» Task instructions: Retype the records below so that each one matches exactly.

(Beginning of Material to process)

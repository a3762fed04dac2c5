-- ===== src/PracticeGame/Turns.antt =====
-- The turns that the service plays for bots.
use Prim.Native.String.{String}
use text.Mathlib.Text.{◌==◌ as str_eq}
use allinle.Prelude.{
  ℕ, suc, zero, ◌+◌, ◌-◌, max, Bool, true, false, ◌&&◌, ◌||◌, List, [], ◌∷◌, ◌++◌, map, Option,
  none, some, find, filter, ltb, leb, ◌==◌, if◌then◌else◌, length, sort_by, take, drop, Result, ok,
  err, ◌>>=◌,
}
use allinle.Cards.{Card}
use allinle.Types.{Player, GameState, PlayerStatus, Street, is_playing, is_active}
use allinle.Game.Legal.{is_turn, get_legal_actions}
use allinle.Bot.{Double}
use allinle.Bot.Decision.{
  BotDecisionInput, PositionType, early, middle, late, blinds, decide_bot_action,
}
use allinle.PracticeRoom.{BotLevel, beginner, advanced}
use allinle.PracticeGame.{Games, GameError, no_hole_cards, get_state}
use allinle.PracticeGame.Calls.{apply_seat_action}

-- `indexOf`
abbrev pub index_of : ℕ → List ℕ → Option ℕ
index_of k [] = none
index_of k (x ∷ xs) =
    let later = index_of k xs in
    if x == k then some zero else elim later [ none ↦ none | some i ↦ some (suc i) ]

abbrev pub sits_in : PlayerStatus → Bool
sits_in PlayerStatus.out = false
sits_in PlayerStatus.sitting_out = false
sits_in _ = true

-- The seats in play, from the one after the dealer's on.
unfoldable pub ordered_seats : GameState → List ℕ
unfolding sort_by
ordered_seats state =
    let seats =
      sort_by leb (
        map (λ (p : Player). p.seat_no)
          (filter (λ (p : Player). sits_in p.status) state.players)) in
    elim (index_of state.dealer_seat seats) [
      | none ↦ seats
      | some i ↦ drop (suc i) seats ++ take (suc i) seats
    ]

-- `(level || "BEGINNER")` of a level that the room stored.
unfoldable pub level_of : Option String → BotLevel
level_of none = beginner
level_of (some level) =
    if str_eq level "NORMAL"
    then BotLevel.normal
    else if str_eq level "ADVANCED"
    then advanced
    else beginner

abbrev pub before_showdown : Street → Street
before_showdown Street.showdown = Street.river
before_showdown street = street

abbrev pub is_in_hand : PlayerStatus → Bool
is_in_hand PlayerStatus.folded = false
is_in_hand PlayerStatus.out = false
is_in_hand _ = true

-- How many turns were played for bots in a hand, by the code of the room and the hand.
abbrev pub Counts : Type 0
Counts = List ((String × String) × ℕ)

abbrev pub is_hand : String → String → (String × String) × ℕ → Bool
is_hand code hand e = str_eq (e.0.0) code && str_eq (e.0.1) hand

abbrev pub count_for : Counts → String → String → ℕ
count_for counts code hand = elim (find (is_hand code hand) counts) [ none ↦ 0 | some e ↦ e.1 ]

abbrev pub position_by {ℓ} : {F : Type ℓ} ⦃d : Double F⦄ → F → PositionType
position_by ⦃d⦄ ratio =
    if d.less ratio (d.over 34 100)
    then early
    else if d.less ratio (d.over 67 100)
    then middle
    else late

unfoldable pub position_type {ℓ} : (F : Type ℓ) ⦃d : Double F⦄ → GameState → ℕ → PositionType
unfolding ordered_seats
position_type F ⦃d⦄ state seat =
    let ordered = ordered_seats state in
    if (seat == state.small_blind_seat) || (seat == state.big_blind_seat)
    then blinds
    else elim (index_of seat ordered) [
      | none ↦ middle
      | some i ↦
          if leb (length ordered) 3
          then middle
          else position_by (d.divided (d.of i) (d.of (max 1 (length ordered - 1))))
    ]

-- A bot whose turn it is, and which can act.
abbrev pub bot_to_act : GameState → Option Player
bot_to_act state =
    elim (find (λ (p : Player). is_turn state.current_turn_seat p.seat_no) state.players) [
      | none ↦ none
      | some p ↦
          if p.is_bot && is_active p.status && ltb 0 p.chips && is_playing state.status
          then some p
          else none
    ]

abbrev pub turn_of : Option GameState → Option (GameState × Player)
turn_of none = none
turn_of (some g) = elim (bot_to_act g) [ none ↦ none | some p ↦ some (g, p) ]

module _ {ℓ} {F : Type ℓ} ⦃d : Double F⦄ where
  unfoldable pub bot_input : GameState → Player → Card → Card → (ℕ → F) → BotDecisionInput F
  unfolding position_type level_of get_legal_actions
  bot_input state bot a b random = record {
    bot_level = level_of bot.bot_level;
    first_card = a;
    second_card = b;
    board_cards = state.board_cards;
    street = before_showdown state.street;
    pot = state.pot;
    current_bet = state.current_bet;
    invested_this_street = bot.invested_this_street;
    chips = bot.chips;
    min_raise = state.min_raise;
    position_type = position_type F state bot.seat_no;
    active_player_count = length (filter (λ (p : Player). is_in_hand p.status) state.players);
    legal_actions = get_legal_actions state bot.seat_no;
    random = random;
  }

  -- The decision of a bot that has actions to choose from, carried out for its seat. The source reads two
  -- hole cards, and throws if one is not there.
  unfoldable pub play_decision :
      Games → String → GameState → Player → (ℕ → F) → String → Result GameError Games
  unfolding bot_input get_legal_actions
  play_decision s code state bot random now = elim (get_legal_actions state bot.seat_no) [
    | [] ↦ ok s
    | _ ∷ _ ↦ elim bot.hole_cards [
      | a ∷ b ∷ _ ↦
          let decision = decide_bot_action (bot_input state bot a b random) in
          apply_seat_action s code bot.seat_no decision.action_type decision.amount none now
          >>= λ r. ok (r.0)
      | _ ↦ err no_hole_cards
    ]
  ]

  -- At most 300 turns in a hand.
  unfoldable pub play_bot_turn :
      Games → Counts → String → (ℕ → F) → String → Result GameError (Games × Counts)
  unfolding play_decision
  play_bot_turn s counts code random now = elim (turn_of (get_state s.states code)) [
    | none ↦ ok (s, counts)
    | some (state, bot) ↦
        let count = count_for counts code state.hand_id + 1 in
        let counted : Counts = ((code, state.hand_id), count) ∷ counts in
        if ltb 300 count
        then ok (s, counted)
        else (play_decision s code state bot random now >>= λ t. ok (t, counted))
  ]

(End of Material to process)

» Response to this exercise:
repository a3762fed04dac2c5
-- ===== src/PracticeGame/Turns.antt =====
-- The turns that the service plays for bots.
use Prim.Native.String.{String}
use text.Mathlib.Text.{◌==◌ as str_eq}
use allinle.Prelude.{
  ℕ, suc, zero, ◌+◌, ◌-◌, max, Bool, true, false, ◌&&◌, ◌||◌, List, [], ◌∷◌, ◌++◌, map, Option,
  none, some, find, filter, ltb, leb, ◌==◌, if◌then◌else◌, length, sort_by, take, drop, Result, ok,
  err, ◌>>=◌,
}
use allinle.Cards.{Card}
use allinle.Types.{Player, GameState, PlayerStatus, Street, is_playing, is_active}
use allinle.Game.Legal.{is_turn, get_legal_actions}
use allinle.Bot.{Double}
use allinle.Bot.Decision.{
  BotDecisionInput, PositionType, early, middle, late, blinds, decide_bot_action,
}
use allinle.PracticeRoom.{BotLevel, beginner, advanced}
use allinle.PracticeGame.{Games, GameError, no_hole_cards, get_state}
use allinle.PracticeGame.Calls.{apply_seat_action}

-- `indexOf`
abbrev pub index_of : ℕ → List ℕ → Option ℕ
index_of k [] = none
index_of k (x ∷ xs) =
    let later = index_of k xs in
    if x == k then some zero else elim later [ none ↦ none | some i ↦ some (suc i) ]

abbrev pub sits_in : PlayerStatus → Bool
sits_in PlayerStatus.out = false
sits_in PlayerStatus.sitting_out = false
sits_in _ = true

-- The seats in play, from the one after the dealer's on.
unfoldable pub ordered_seats : GameState → List ℕ
unfolding sort_by
ordered_seats state =
    let seats =
      sort_by leb (
        map (λ (p : Player). p.seat_no)
          (filter (λ (p : Player). sits_in p.status) state.players)) in
    elim (index_of state.dealer_seat seats) [
      | none ↦ seats
      | some i ↦ drop (suc i) seats ++ take (suc i) seats
    ]

-- `(level || "BEGINNER")` of a level that the room stored.
unfoldable pub level_of : Option String → BotLevel
level_of none = beginner
level_of (some level) =
    if str_eq level "NORMAL"
    then BotLevel.normal
    else if str_eq level "ADVANCED"
    then advanced
    else beginner

abbrev pub before_showdown : Street → Street
before_showdown Street.showdown = Street.river
before_showdown street = street

abbrev pub is_in_hand : PlayerStatus → Bool
is_in_hand PlayerStatus.folded = false
is_in_hand PlayerStatus.out = false
is_in_hand _ = true

-- How many turns were played for bots in a hand, by the code of the room and the hand.
abbrev pub Counts : Type 0
Counts = List ((String × String) × ℕ)

abbrev pub is_hand : String → String → (String × String) × ℕ → Bool
is_hand code hand e = str_eq (e.0.0) code && str_eq (e.0.1) hand

abbrev pub count_for : Counts → String → String → ℕ
count_for counts code hand = elim (find (is_hand code hand) counts) [ none ↦ 0 | some e ↦ e.1 ]

abbrev pub position_by {ℓ} : {F : Type ℓ} ⦃d : Double F⦄ → F → PositionType
position_by ⦃d⦄ ratio =
    if d.less ratio (d.over 34 100)
    then early
    else if d.less ratio (d.over 67 100)
    then middle
    else late

unfoldable pub position_type {ℓ} : (F : Type ℓ) ⦃d : Double F⦄ → GameState → ℕ → PositionType
unfolding ordered_seats
position_type F ⦃d⦄ state seat =
    let ordered = ordered_seats state in
    if (seat == state.small_blind_seat) || (seat == state.big_blind_seat)
    then blinds
    else elim (index_of seat ordered) [
      | none ↦ middle
      | some i ↦
          if leb (length ordered) 3
          then middle
          else position_by (d.divided (d.of i) (d.of (max 1 (length ordered - 1))))
    ]

-- A bot whose turn it is, and which can act.
abbrev pub bot_to_act : GameState → Option Player
bot_to_act state =
    elim (find (λ (p : Player). is_turn state.current_turn_seat p.seat_no) state.players) [
      | none ↦ none
      | some p ↦
          if p.is_bot && is_active p.status && ltb 0 p.chips && is_playing state.status
          then some p
          else none
    ]

abbrev pub turn_of : Option GameState → Option (GameState × Player)
turn_of none = none
turn_of (some g) = elim (bot_to_act g) [ none ↦ none | some p ↦ some (g, p) ]

module _ {ℓ} {F : Type ℓ} ⦃d : Double F⦄ where
  unfoldable pub bot_input : GameState → Player → Card → Card → (ℕ → F) → BotDecisionInput F
  unfolding position_type level_of get_legal_actions
  bot_input state bot a b random = record {
    bot_level = level_of bot.bot_level;
    first_card = a;
    second_card = b;
    board_cards = state.board_cards;
    street = before_showdown state.street;
    pot = state.pot;
    current_bet = state.current_bet;
    invested_this_street = bot.invested_this_street;
    chips = bot.chips;
    min_raise = state.min_raise;
    position_type = position_type F state bot.seat_no;
    active_player_count = length (filter (λ (p : Player). is_in_hand p.status) state.players);
    legal_actions = get_legal_actions state bot.seat_no;
    random = random;
  }

  -- The decision of a bot that has actions to choose from, carried out for its seat. The source reads two
  -- hole cards, and throws if one is not there.
  unfoldable pub play_decision :
      Games → String → GameState → Player → (ℕ → F) → String → Result GameError Games
  unfolding bot_input get_legal_actions
  play_decision s code state bot random now = elim (get_legal_actions state bot.seat_no) [
    | [] ↦ ok s
    | _ ∷ _ ↦ elim bot.hole_cards [
      | a ∷ b ∷ _ ↦
          let decision = decide_bot_action (bot_input state bot a b random) in
          apply_seat_action s code bot.seat_no decision.action_type decision.amount none now
          >>= λ r. ok (r.0)
      | _ ↦ err no_hole_cards
    ]
  ]

  -- At most 300 turns in a hand.
  unfoldable pub play_bot_turn :
      Games → Counts → String → (ℕ → F) → String → Result GameError (Games × Counts)
  unfolding play_decision
  play_bot_turn s counts code random now = elim (turn_of (get_state s.states code)) [
    | none ↦ ok (s, counts)
    | some (state, bot) ↦
        let count = count_for counts code state.hand_id + 1 in
        let counted : Counts = ((code, state.hand_id), count) ∷ counts in
        if ltb 300 count
        then ok (s, counted)
        else (play_decision s code state bot random now >>= λ t. ok (t, counted))
  ]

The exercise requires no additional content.